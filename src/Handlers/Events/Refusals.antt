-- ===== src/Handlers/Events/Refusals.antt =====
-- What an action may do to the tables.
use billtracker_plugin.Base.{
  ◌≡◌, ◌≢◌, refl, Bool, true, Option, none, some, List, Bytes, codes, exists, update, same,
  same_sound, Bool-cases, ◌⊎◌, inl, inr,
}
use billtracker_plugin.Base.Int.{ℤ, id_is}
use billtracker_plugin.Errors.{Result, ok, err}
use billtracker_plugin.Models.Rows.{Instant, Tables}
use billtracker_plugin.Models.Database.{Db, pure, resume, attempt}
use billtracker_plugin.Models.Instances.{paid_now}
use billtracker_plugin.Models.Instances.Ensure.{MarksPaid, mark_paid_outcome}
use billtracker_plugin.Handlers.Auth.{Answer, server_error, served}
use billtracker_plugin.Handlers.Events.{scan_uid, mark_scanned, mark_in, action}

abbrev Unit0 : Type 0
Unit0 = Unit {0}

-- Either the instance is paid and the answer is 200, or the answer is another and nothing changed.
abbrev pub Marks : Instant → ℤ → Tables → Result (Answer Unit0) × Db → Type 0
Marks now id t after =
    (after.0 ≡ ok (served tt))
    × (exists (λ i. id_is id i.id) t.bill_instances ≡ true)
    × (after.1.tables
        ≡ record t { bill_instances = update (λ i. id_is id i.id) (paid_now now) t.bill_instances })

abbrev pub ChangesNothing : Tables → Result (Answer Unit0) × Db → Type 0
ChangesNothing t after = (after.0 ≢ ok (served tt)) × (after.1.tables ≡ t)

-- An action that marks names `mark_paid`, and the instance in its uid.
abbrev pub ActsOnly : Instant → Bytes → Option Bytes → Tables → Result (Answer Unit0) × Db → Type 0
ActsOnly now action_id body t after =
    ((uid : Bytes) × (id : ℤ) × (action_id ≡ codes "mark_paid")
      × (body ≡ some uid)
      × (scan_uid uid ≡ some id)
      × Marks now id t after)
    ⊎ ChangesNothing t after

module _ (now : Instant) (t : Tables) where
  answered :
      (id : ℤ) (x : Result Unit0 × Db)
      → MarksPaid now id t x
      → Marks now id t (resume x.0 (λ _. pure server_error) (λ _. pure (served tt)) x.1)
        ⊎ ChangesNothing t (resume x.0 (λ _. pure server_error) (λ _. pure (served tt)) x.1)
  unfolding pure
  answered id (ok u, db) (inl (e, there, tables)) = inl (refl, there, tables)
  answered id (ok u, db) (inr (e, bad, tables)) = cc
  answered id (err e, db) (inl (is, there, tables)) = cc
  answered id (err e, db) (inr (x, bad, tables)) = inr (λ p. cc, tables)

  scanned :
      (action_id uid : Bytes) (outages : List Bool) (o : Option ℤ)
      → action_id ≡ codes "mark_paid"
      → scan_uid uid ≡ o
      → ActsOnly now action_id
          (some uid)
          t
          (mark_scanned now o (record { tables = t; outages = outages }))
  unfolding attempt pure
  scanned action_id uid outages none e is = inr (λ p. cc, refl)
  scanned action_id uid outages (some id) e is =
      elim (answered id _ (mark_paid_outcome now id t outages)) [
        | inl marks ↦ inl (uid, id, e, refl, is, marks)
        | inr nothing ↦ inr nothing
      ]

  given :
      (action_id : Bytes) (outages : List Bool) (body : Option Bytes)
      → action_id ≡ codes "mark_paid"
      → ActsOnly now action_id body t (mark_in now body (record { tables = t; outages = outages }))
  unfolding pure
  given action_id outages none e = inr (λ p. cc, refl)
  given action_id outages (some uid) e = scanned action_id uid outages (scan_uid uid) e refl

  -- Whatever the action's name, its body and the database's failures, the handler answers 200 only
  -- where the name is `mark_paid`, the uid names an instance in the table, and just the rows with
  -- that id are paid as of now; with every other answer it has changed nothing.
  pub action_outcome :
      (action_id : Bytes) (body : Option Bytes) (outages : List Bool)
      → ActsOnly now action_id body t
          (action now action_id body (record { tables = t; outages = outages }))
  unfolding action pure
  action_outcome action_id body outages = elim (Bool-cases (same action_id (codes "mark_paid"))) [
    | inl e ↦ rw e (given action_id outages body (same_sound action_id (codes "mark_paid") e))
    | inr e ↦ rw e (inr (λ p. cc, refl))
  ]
■ ■ ■ ■
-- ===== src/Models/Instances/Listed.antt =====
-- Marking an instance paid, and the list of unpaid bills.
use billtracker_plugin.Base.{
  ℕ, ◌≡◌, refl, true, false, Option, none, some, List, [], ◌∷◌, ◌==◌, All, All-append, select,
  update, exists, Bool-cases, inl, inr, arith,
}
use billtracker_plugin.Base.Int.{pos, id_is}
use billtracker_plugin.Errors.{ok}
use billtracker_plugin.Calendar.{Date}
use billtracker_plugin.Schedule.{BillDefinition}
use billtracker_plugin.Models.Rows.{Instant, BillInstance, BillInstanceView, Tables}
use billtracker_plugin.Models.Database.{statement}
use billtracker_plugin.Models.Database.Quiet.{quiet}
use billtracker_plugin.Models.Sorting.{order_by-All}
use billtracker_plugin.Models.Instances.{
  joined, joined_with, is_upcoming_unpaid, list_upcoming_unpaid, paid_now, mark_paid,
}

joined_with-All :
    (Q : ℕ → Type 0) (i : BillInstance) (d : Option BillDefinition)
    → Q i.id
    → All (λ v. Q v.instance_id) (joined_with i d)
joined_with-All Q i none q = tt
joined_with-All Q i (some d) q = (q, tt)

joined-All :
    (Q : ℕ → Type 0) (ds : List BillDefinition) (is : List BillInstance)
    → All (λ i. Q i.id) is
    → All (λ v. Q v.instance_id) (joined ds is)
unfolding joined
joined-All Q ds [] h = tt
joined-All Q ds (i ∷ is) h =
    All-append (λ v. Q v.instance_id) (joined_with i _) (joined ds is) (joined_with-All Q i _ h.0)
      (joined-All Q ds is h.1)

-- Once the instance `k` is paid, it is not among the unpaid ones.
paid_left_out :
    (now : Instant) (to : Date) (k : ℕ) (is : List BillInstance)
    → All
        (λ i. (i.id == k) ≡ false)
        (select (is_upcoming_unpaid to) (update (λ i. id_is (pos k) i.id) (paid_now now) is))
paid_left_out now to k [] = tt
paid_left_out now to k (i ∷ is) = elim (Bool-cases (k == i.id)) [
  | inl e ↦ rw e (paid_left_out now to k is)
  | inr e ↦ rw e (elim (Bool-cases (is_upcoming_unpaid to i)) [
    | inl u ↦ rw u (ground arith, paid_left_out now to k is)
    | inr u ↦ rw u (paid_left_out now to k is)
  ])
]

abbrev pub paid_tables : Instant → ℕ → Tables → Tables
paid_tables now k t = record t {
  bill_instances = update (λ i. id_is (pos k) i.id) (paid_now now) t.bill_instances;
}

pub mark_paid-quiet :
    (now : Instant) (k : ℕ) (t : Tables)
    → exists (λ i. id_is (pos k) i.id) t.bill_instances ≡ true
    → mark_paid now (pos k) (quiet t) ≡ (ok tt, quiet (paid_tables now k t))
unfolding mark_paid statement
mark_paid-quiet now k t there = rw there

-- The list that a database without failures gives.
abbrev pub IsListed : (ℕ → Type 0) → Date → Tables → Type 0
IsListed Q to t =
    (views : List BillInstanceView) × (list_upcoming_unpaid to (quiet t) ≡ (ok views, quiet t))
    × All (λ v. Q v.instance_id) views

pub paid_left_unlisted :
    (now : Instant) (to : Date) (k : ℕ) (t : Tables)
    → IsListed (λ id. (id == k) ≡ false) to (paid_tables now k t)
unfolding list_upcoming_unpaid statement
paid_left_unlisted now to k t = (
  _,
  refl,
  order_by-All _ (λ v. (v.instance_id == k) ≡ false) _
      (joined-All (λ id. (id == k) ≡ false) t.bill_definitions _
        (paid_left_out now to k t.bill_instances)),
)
■ ■ ■ ■
**ACTION ITEM**
Find the word "append" in the listing above, then copy each line where it turns up.

**ANSWER TO THE PROBLEM**
  ℕ, ◌≡◌, refl, true, false, Option, none, some, List, [], ◌∷◌, ◌==◌, All, All-append, select,
    All-append (λ v. Q v.instance_id) (joined_with i _) (joined ds is) (joined_with-All Q i _ h.0)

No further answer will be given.